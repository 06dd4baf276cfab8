-- ===== src/Mapping/Bridge/Timers.antt =====
-- The timers of AYLink.Web/src/features/inputMapping/inputMappingCommandBridge.ts against what the bridge has
-- recorded of them.
use aylink_extra.Prelude.{
  ℕ, ◌≤◌, ◌<◌, ◌≡◌, ◌≢◌, inl, inr, refl, ap, sym, ◌∙◌, arith, List, Bool, true, false, Option, none,
  some, ◌==◌, Bool-cases, Option-cases, any, if_keeps, subst,
}
use aylink_extra.Prelude.Text.{String, str_eq, str_eq_sound}
use aylink_extra.Prelude.Entries.{get_entry, delete_entry, get_entry-delete_entry_other}
use aylink_extra.Prelude.Numbers.{Numbers}
use aylink_extra.Mapping.Schema.{NormalizedPoint}
use aylink_extra.Mapping.Commands.{TouchPhase, touch_cancel}
use aylink_extra.Mapping.Bridge.{
  InputMappingCommandBridge, Senders, Timer, delayed, tap_once, lift, send_touch, stop_repeat,
  clear_timer, bump_pointer_generation, release_pointer_key_internal, Touch,
  get_or_create_pointer_id,
}

abbrev pub has_handle : ℕ → List ℕ → Bool
has_handle id handles = any (λ h. h == id) handles

module _ (n : Numbers) (senders : Senders n) where
  -- A pending command's timer is among the handles. A timer of a repeat is the one that the state of its
  -- key has recorded.
  pub record IsTimed (s : InputMappingCommandBridge n) : Type 0 where
    pub commands :
        (id : ℕ) (t : Touch n) (g : ℕ)
        → s.timers id ≡ some (delayed t g)
        → has_handle id s.pending_command_handles ≡ true
    pub taps :
        (id state : ℕ) (key : String) (point : NormalizedPoint n)
        → s.timers id ≡ some (tap_once state key point)
        → (get_entry key s.repeat_states ≡ some state)
          × ((s.states state).interval_handle ≡ id)
          × (state < s.next_state)
    pub lifts :
        (id state : ℕ) (key : String) (point : NormalizedPoint n)
        → s.timers id ≡ some (lift state key point)
        → (get_entry key s.repeat_states ≡ some state)
          × ((s.states state).up_handle ≡ some id)
          × (state < s.next_state)
          × ((s.states state).is_down ≡ true)
    pub fresh : (id : ℕ) → s.next_timer ≤ id → s.timers id ≡ none

  -- A step that changes only pointer ids, generations, the log and the states' points.
  pub record IsQuiet (s d : InputMappingCommandBridge n) : Type 0 where
    pub timers : d.timers ≡ s.timers
    pub next_timer : d.next_timer ≡ s.next_timer
    pub handles : d.pending_command_handles ≡ s.pending_command_handles
    pub repeats : d.repeat_states ≡ s.repeat_states
    pub states : d.states ≡ s.states
    pub next_state : d.next_state ≡ s.next_state

  pub send_touch-IsQuiet :
      (phase : TouchPhase) (key : String) (point : NormalizedPoint n) (pressure : n.Num)
      (s : InputMappingCommandBridge n)
      → IsQuiet s (send_touch n senders phase key point pressure s)
  unfolding send_touch release_pointer_key_internal get_or_create_pointer_id
  send_touch-IsQuiet phase key point pressure s = ground arith

  -- What stopping the repeat of a key leaves: timers only go, and none of the key's repeat is left.
  pub record IsStopped (key : String) (s d : InputMappingCommandBridge n) : Type 0 where
    pub timers : (id : ℕ) (t : Timer n) → d.timers id ≡ some t → s.timers id ≡ some t
    pub next_timer : d.next_timer ≡ s.next_timer
    pub handles : d.pending_command_handles ≡ s.pending_command_handles
    pub others :
        (k : String)
        → str_eq key k ≡ false
        → get_entry k d.repeat_states ≡ get_entry k s.repeat_states
    pub states : d.states ≡ s.states
    pub next_state : d.next_state ≡ s.next_state
    pub no_taps :
        (id state : ℕ) (point : NormalizedPoint n) → d.timers id ≢ some (tap_once state key point)
    pub no_lifts :
        (id state : ℕ) (point : NormalizedPoint n) → d.timers id ≢ some (lift state key point)

  cleared_timers :
      (up : Option ℕ) (interval : ℕ) (s : InputMappingCommandBridge n) (id : ℕ) (t : Timer n)
      → (clear_timer n up (clear_timer n (some interval) s)).timers id ≡ some t
      → (s.timers id ≡ some t) × (interval ≢ id) × (up ≢ some id)
  cleared_timers none interval s id t e = ground arith
  cleared_timers (some up) interval s id t e = ground arith

  cleared_rest :
      (up : Option ℕ) (interval : ℕ) (s : InputMappingCommandBridge n)
      → IsQuiet s
          (record (clear_timer n up (clear_timer n (some interval) s)) { timers = s.timers })
  cleared_rest none interval s = ground arith
  cleared_rest (some up) interval s = ground arith

  -- Whatever follows the clearing of the state's timers and the deletion of its key is quiet.
  record_deleted-IsStopped :
      (key : String) (state : ℕ) (s c d : InputMappingCommandBridge n)
      → IsTimed s
      → get_entry key s.repeat_states ≡ some state
      → c
        ≡ record (clear_timer n
            (s.states state).up_handle
            (clear_timer n (some (s.states state).interval_handle) s)) {
              repeat_states = delete_entry key s.repeat_states;
            }
      → IsQuiet c d
      → IsStopped key s d
  record_deleted-IsStopped key state s c d h e f q =
      let up = (s.states state).up_handle in
      let interval = (s.states state).interval_handle in
      let rest = cleared_rest up interval s in
      record {
        timers = λ id t g. ground (arith, cleared_timers up interval s id t, f, q.timers, g);
        next_timer = ground (arith, rest.next_timer, f, q.next_timer);
        handles = ground (arith, rest.handles, f, q.handles);
        others = λ k g.
            ground (arith, get_entry-delete_entry_other k key s.repeat_states g, f, q.repeats);
        states = ground (arith, rest.states, f, q.states);
        next_state = ground (arith, rest.next_state, f, q.next_state);
        no_taps = λ id i point g.
            let w =
              cleared_timers up interval s id (tap_once i key point)
                (ground (arith, f, q.timers, g)) in
            let r = h.taps id i key point w.0 in
            let same : state ≡ i = ground (arith, e, r.0) in
            w.1 (ap (λ z. (s.states z).interval_handle) same ∙ r.1);
        no_lifts = λ id i point g.
            let w =
              cleared_timers up interval s id (lift i key point) (ground (arith, f, q.timers, g)) in
            let r = h.lifts id i key point w.0 in
            let same : state ≡ i = ground (arith, e, r.0) in
            w.2 (ap (λ z. (s.states z).up_handle) same ∙ r.1);
      }

  pub bumped-IsQuiet :
      (key : String) (s : InputMappingCommandBridge n) → IsQuiet s (bump_pointer_generation n key s)
  unfolding bump_pointer_generation
  bumped-IsQuiet key s = ground arith

  pub released-IsQuiet :
      (key : String) (id : Option ℕ) (s : InputMappingCommandBridge n)
      → IsQuiet s (release_pointer_key_internal n key id s)
  unfolding release_pointer_key_internal
  released-IsQuiet key none s = ground arith
  released-IsQuiet key (some id) s = ground arith

  IsQuiet-trans : (s c d : InputMappingCommandBridge n) → IsQuiet s c → IsQuiet c d → IsQuiet s d
  IsQuiet-trans s c d h k = record {
    timers = k.timers ∙ h.timers;
    next_timer = k.next_timer ∙ h.next_timer;
    handles = k.handles ∙ h.handles;
    repeats = k.repeats ∙ h.repeats;
    states = k.states ∙ h.states;
    next_state = k.next_state ∙ h.next_state;
  }

  -- A key without a repeat has no timers of one.
  idle-IsStopped :
      (key : String) (s d : InputMappingCommandBridge n)
      → IsTimed s
      → get_entry key s.repeat_states ≡ none
      → IsQuiet s d
      → IsStopped key s d
  idle-IsStopped key s d h e q = record {
    timers = λ id t g. ground (arith, q.timers, g);
    next_timer = q.next_timer;
    handles = q.handles;
    others = λ k g. ap (get_entry k) q.repeats;
    states = q.states;
    next_state = q.next_state;
    no_taps =
        λ id i point g. ground (arith, e, h.taps id i key point (ground (arith, q.timers, g)));
    no_lifts =
        λ id i point g. ground (arith, e, h.lifts id i key point (ground (arith, q.timers, g)));
  }

  pub stop_repeat-IsStopped :
      (key : String) (s : InputMappingCommandBridge n)
      → IsTimed s
      → IsStopped key s (stop_repeat n senders key s)
  unfolding stop_repeat
  stop_repeat-IsStopped key s h = elim (Option-cases (get_entry key s.repeat_states)) [
    | inl e ↦
        rw (e, stop_repeat)
          (idle-IsStopped key s _ h e (
            IsQuiet-trans s (bump_pointer_generation n key s) _ (bumped-IsQuiet key s)
              (released-IsQuiet key none (bump_pointer_generation n key s))))
    | inr (state, e) ↦
        let up = (s.states state).up_handle in
        let interval = (s.states state).interval_handle in
        let c = record (clear_timer n up (clear_timer n (some interval) s)) {
          repeat_states = delete_entry key s.repeat_states;
        } in
        let b = bump_pointer_generation n key c in
        rw (e, stop_repeat)
          (record_deleted-IsStopped key state s c _ h e refl (
            IsQuiet-trans c b _ (bumped-IsQuiet key c) (
              if_keeps (IsQuiet b) (s.states state).is_down _ _
                (send_touch-IsQuiet touch_cancel key (s.states state).point _ b)
                (released-IsQuiet key none b))))
  ]

  pub IsStopped-IsTimed :
      (key : String) (s d : InputMappingCommandBridge n) → IsStopped key s d → IsTimed s → IsTimed d
  IsStopped-IsTimed key s d k h = record {
    commands =
        λ id t g e. ground (arith, h.commands id t g (k.timers id (delayed t g) e), k.handles);
    taps = λ id state other point e. elim (Bool-cases (str_eq key other)) [
      | inl f ↦
          let same = str_eq_sound key other f in
          absurd (k.no_taps id state point (e ∙ ap (λ z. some (tap_once state z point)) (sym same)))
      | inr f ↦
          let r = h.taps id state other point (k.timers id (tap_once state other point) e) in
          (
            k.others other f ∙ r.0,
            ap (λ z. (z state).interval_handle) k.states ∙ r.1,
            subst (λ z. state < z) (sym k.next_state) r.2,
          )
    ];
    lifts = λ id state other point e. elim (Bool-cases (str_eq key other)) [
      | inl f ↦
          let same = str_eq_sound key other f in
          absurd (k.no_lifts id state point (e ∙ ap (λ z. some (lift state z point)) (sym same)))
      | inr f ↦
          let r = h.lifts id state other point (k.timers id (lift state other point) e) in
          (
            k.others other f ∙ r.0,
            ap (λ z. (z state).up_handle) k.states ∙ r.1,
            subst (λ z. state < z) (sym k.next_state) r.2,
            ap (λ z. (z state).is_down) k.states ∙ r.3,
          )
    ];
    fresh = λ id e. elim (Option-cases (d.timers id)) [
      | inl f ↦ f
      | inr (t, f) ↦
          let low : s.next_timer ≤ id = subst (λ z. z ≤ id) k.next_timer e in
          absurd (ground (arith, k.timers id t f, h.fresh id low))
    ];
  }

########

**Your objective:** All that is wanted is a faithful reproduction of the line above with "IsQuiet-trans : (s", the line with "(released-IsQuiet key none (bump_pointer_generation", and every line in between.

**Your solution:**
  IsQuiet-trans : (s c d : InputMappingCommandBridge n) → IsQuiet s c → IsQuiet c d → IsQuiet s d
  IsQuiet-trans s c d h k = record {
    timers = k.timers ∙ h.timers;
    next_timer = k.next_timer ∙ h.next_timer;
    handles = k.handles ∙ h.handles;
    repeats = k.repeats ∙ h.repeats;
    states = k.states ∙ h.states;
    next_state = k.next_state ∙ h.next_state;
  }

  -- A key without a repeat has no timers of one.
  idle-IsStopped :
      (key : String) (s d : InputMappingCommandBridge n)
      → IsTimed s
      → get_entry key s.repeat_states ≡ none
      → IsQuiet s d
      → IsStopped key s d
  idle-IsStopped key s d h e q = record {
    timers = λ id t g. ground (arith, q.timers, g);
    next_timer = q.next_timer;
    handles = q.handles;
    others = λ k g. ap (get_entry k) q.repeats;
    states = q.states;
    next_state = q.next_state;
    no_taps =
        λ id i point g. ground (arith, e, h.taps id i key point (ground (arith, q.timers, g)));
    no_lifts =
        λ id i point g. ground (arith, e, h.lifts id i key point (ground (arith, q.timers, g)));
  }

  pub stop_repeat-IsStopped :
      (key : String) (s : InputMappingCommandBridge n)
      → IsTimed s
      → IsStopped key s (stop_repeat n senders key s)
  unfolding stop_repeat
  stop_repeat-IsStopped key s h = elim (Option-cases (get_entry key s.repeat_states)) [
    | inl e ↦
        rw (e, stop_repeat)
          (idle-IsStopped key s _ h e (
            IsQuiet-trans s (bump_pointer_generation n key s) _ (bumped-IsQuiet key s)
              (released-IsQuiet key none (bump_pointer_generation n key s))))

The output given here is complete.